Prosperidad productiva y depresión comercial

Las dificultades productivas propias del modo capitalista, aparte del continuado conflicto obrero-patronal, están restringidas al aspecto meramente técnico de todo proceso de trabajo.

Cada progreso técnico se traduce en más ganancias del comerciante-incluidos los pocos productores que en el fondo también son comerciantes perfeccionados porque asumen la producción de mercancías ya preñadas de plusvalía, mientras las penurias de los asalariados sólo experimentan agravamientos.

Hemos visto, heredado y creado todos los ajustes tecnocientíficas. Los centros modernos de investigación científica y tecnológica de los últimos 200 años han sido penetrados y controlados por los comerciantes quienes han fungido de mecenas económicos de la ciencia. Los Premios Nobeles son un buen ejemplo de esa monopolización de los adelantos científicos.

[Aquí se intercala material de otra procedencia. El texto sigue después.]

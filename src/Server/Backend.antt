-- ===== src/Server/Backend.antt =====
-- proxy.go over config.go, redis/cluster.go and redis/pool.go: the pools behind the proxy.
use smartproxy.Common.{
  ℕ, zero, suc, ◌≤◌, ◌+◌, ◌≡◌, refl, sym, subst, false, List, [], some, Bytes, length, arith,
}
use smartproxy.Common.Int.{ℤ, pos, negsuc, pos_part, ◌≤ℤ◌}
use smartproxy.Config.{
  ProxyConfig, Ini, new_proxy_config, started, max_pool_size_per_node, min_pool_size_per_node,
}
use smartproxy.Config.Laws.{Within, new_proxy_config-IsValid}
use smartproxy.Redis.Options.{ClusterOptions, client_options, get_pool_size, or_default}
use smartproxy.Redis.ConnPool.{Choice, run_pool, new_pool}
use smartproxy.Redis.ConnPool.Invariant.{any, in_hand}
use smartproxy.Redis.ConnPool.Counts.{sum}
use smartproxy.Redis.ConnPool.Run.{idle, run_pool-Inv}

-- The options that `NewProxyServer` gives to the cluster client.
unfoldable pub backend_options : ProxyConfig → ClusterOptions
backend_options conf = record {
  addrs = conf.nodes;
  max_redirects = pos 0;
  password = [];
  dial_timeout = pos 0;
  read_timeout = pos 0;
  write_timeout = pos 0;
  pool_size = conf.pool_size_per_node;
  pool_timeout = pos 0;
  idle_timeout = pos 0;
}

-- The size of the pool of each node. `newConnPool` panics at a negative one.
unfoldable pub node_pool_size : ProxyConfig → ℕ
unfolding backend_options client_options get_pool_size
node_pool_size conf = pos_part (get_pool_size (client_options (backend_options conf) []))

in_bounds :
    (v : ℤ)
    → Within min_pool_size_per_node max_pool_size_per_node v
    → v ≡ pos (pos_part (or_default (pos 10) v))
unfolding or_default
in_bounds (pos zero) h = absurd (omega (arith, h.0))
in_bounds (pos (suc n)) h = refl
in_bounds (negsuc n) h = absurd (omega (arith, h.0))

-- A proxy that started from a file, with any goroutines on the pool of a node in any interleaving: until
-- the pool is closed, its list has at most PoolSizePerNode of the configuration connections, which is at
-- most MaxPoolSizePerNode, and as many as are free in the channel or in the hands of a goroutine.
pub node_pool-bounded :
    (ini : Ini) (file_name : Bytes) {conf : ProxyConfig} (n : ℕ) (is : List (ℕ × Choice))
    → new_proxy_config ini file_name ≡ started conf
    → (run_pool (node_pool_size conf) is (idle n) new_pool).1.closed ≡ false
    → (list : List ℕ) × ((run_pool (node_pool_size conf) is (idle n) new_pool).1.cns ≡ some list)
      × (pos (length list) ≤ℤ conf.pool_size_per_node)
      × (length list ≤ max_pool_size_per_node)
      × (length (run_pool (node_pool_size conf) is (idle n) new_pool).1.free
            + sum (λ p. any (in_hand p)) (run_pool (node_pool_size conf) is (idle n) new_pool).0
          ≡ length list)
unfolding node_pool_size get_pool_size client_options backend_options
node_pool-bounded ini file_name {conf} n is starts not_closed =
    let v = run_pool-Inv (node_pool_size conf) n is not_closed in
    let valid = (new_proxy_config-IsValid ini file_name starts).0 in
    let size = in_bounds conf.pool_size_per_node valid.pool_ok in
    let most = subst (λ z. z ≤ℤ pos max_pool_size_per_node) size valid.pool_ok.1 in
    (
      v.list,
      v.opened,
      subst (λ z. pos (length v.list) ≤ℤ z) (sym size) (omega (arith, v.within)),
      omega (arith, v.within, most),
      v.held,
    )
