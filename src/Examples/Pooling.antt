-- ===== src/Examples/Pooling.antt =====
-- The theorems about the pool of a node, at concrete inputs.
use smartproxy.Common.{
  ◌+◌, ◌≤◌, codes, length, ℕ, ◌≡◌, refl, true, false, List, [], ◌∷◌, ◌++◌, some,
}
use smartproxy.Redis.ConnList.{
  incr, decr, cons_to, with_new, crash, replaced_as, replace_in, add_to,
}
use smartproxy.Redis.ConnPool.{
  Phase, Waiter, Op, Choice, op_get, op_put, op_remove, op_close, away, putting, hand_back, found,
  none_found, look, timed_out, receive, start, reserve, move, step_at, run_pool, new_pool,
}
use smartproxy.Common.Int.{pos, ◌≤ℤ◌}
use smartproxy.Redis.ConnPool.Invariant.{Inv, any, in_hand}
use smartproxy.Config.{new_proxy_config, started, max_pool_size_per_node}
use smartproxy.Redis.Options.{client_options, get_pool_size, or_default}
use smartproxy.Server.Backend.{backend_options, node_pool_size, node_pool-bounded}
use smartproxy.Examples.{conf, ini}
use smartproxy.Redis.ConnPool.Counts.{sum}
use smartproxy.Redis.ConnPool.Run.{idle, run_pool-Inv, puts, run_pool-Sends}

-- The goroutine meets a node that answers, and no idle connection.
abbrev wants : Op → Choice
wants op = record { op = op; is_idle = false; is_unread = false; dials = true; is_timeout = false }

abbrev gives_up : Choice
gives_up = record {
  op = op_get;
  is_idle = false;
  is_unread = false;
  dials = true;
  is_timeout = true;
}

-- The accesses of `Get` that dials.
abbrev gets : ℕ → List (ℕ × Choice)
gets n =
    (n, wants op_get)
    ∷ (n, wants op_get)
    ∷ (n, wants op_get)
    ∷ (n, wants op_get)
    ∷ (n, wants op_get)
    ∷ (n, wants op_get)
    ∷ []

-- The first of two goroutines gets a connection, the second waits, and the first returns its own.
abbrev shared_by_two : List (ℕ × Choice)
shared_by_two =
    gets 0
    ++ (1, wants op_get)
      ∷ (1, wants op_get)
      ∷ (1, wants op_get)
      ∷ (1, wants op_get)
      ∷ (1, wants op_get)
      ∷ (0, wants op_put)
      ∷ []

run_pool-Inv_example :
    Inv 1
      (λ f. sum f (run_pool 1 shared_by_two (idle 2) new_pool).0)
      (run_pool 1 shared_by_two (idle 2) new_pool).1
unfolding run_pool step_at move start look found none_found reserve incr decr add_to hand_back idle
run_pool-Inv_example = run_pool-Inv 1 2 shared_by_two refl

run_pool-Sends_example :
    move 1 (wants op_get) (putting 0) (run_pool 1 shared_by_two (idle 2) new_pool).1 ≡ (
      away,
      record (run_pool 1 shared_by_two (idle 2) new_pool).1 {
        free = (run_pool 1 shared_by_two (idle 2) new_pool).1.free ++ 0 ∷ [];
      },
    )
unfolding run_pool step_at move start look found none_found reserve incr decr add_to hand_back idle
run_pool-Sends_example =
    run_pool-Sends 1 2 shared_by_two [] (Phase.waiting Waiter.in_get ∷ []) (putting 0) away 0
      (wants op_get) refl refl puts

starts : new_proxy_config ini (codes "proxy.ini") ≡ started conf
unfolding new_proxy_config
starts = refl

still_open : (run_pool (node_pool_size conf) shared_by_two (idle 2) new_pool).1.closed ≡ false
unfolding run_pool step_at move start look found none_found reserve incr decr add_to hand_back idle
    node_pool_size get_pool_size client_options backend_options or_default
still_open = refl

node_pool-bounded_example :
    (list : List ℕ) × ((run_pool (node_pool_size conf) shared_by_two (idle 2) new_pool).1.cns
      ≡ some list)
    × (pos (length list) ≤ℤ conf.pool_size_per_node)
    × (length list ≤ max_pool_size_per_node)
    × (length (run_pool (node_pool_size conf) shared_by_two (idle 2) new_pool).1.free
          + sum
              (λ p. any (in_hand p))
              (run_pool (node_pool_size conf) shared_by_two (idle 2) new_pool).0
        ≡ length list)
node_pool-bounded_example =
    node_pool-bounded ini (codes "proxy.ini") {conf = conf} 2 shared_by_two starts still_open

-- `Get` is at `Add` while `Close` gives up waiting; a connection dialled before is then removed.
abbrev overtaken : List (ℕ × Choice)
overtaken =
    gets 0
    ++ (1, wants op_get)
      ∷ (1, wants op_get)
      ∷ (1, wants op_get)
      ∷ (1, wants op_get)
      ∷ (1, wants op_get)
      ∷ (2, wants op_close)
      ∷ (2, wants op_close)
      ∷ (2, gives_up)
      ∷ (2, wants op_close)
      ∷ (1, wants op_get)
      ∷ (0, wants op_remove)
      ∷ (0, wants op_get)
      ∷ (0, wants op_get)
      ∷ []

overtaken_crashes :
    ((run_pool 2 overtaken (idle 3) new_pool).1.crashed ≡ true)
    × ((run_pool 2 overtaken (idle 3) new_pool).1.cns ≡ some (1 ∷ []))
unfolding run_pool step_at move start look found none_found reserve incr decr add_to hand_back idle
    timed_out receive replace_in replaced_as with_new cons_to crash
overtaken_crashes = (refl, refl)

Pagan con jugosos precios monetarios a cambio del uso particular de cada innovación "galardonada".

Esa capacidad y monopolización de la producción por parte de la burguesía se ve frenada por la tasa de ganancia que regula la oferta y la distribuye sólo hacia los demandantes solventes; deja así ociosa buena parte de la capacidad productiva, parte de la producción es almacenada o yace en los exhibidores del mercado, mientras la mayoría de los consumidores potenciales se hallan insatisfechos permanentemente.

En Venezuela, durante el siglo pasado, la producción y la oferta estuvieron estancadas por su estéril dependencia de la renta petrolera, de las migajas que dejaban los concesionarios. De allí que jamás hayamos conocido prosperidad industrial, habida cuenta de que esos concesionarios siempre estuvieron claros en que para evitar nuestro desarrollo industrial debían contralar nuestros recursos naturales, y la burguesía nacional se dedicó preferentemente al rentismo petrolero o drenaje del Ingreso Petrolero hacia sus seudoempresas, más mamparas que centros de producción con criterio empresarial. Se comportaron como corruptos.

Para aquellos concesionarios resultó doblemente beneficiosa su política de llevarse nuestras materias primas y devolvérnoslas hechas mercancías de tercera de consumo familiar y de maquinaria y obsoletas o defectuosas con sus reservas sobre sus fuentes tecnocientíficas. La idea fue frenar nuestro desarrollo. De allí que la burguesía nacional optó por el comercio de intermediación en lugar del comercio productivo.

Desde hace apenas un año se inició un cambio radical en la producción nacional. Surgen y están en franco proceso de desarrollo los centros productivos comunales que no sólo han estado supliendo las fallas del comerciante y productor privado, sino que definitivamente están produciendo valores de uso y vendiéndolos a precios libres de apetitos privados gananciosos.

Mientras el capitalista privado ni siquiera produjo mercancías, hoy los Clap empiezan a minimizar el comercio de los productos de las comunas. Los precios de sus productos son expresión real de los valores contenidos en cada bien que hoy llena bolsas y cajas Clap.

Estamos, pues, en franco proceso de prosperidad al lado de una clara y notoria depresión del comercio. Hoy los Clap ajustan la producción a la demanda porque lo que la oferta Clap es para las familias en general y no sólo para los solventes con cierto nivel de ingresos mínimos. Hoy los Clap están garantizando las denominadas cestas básicas.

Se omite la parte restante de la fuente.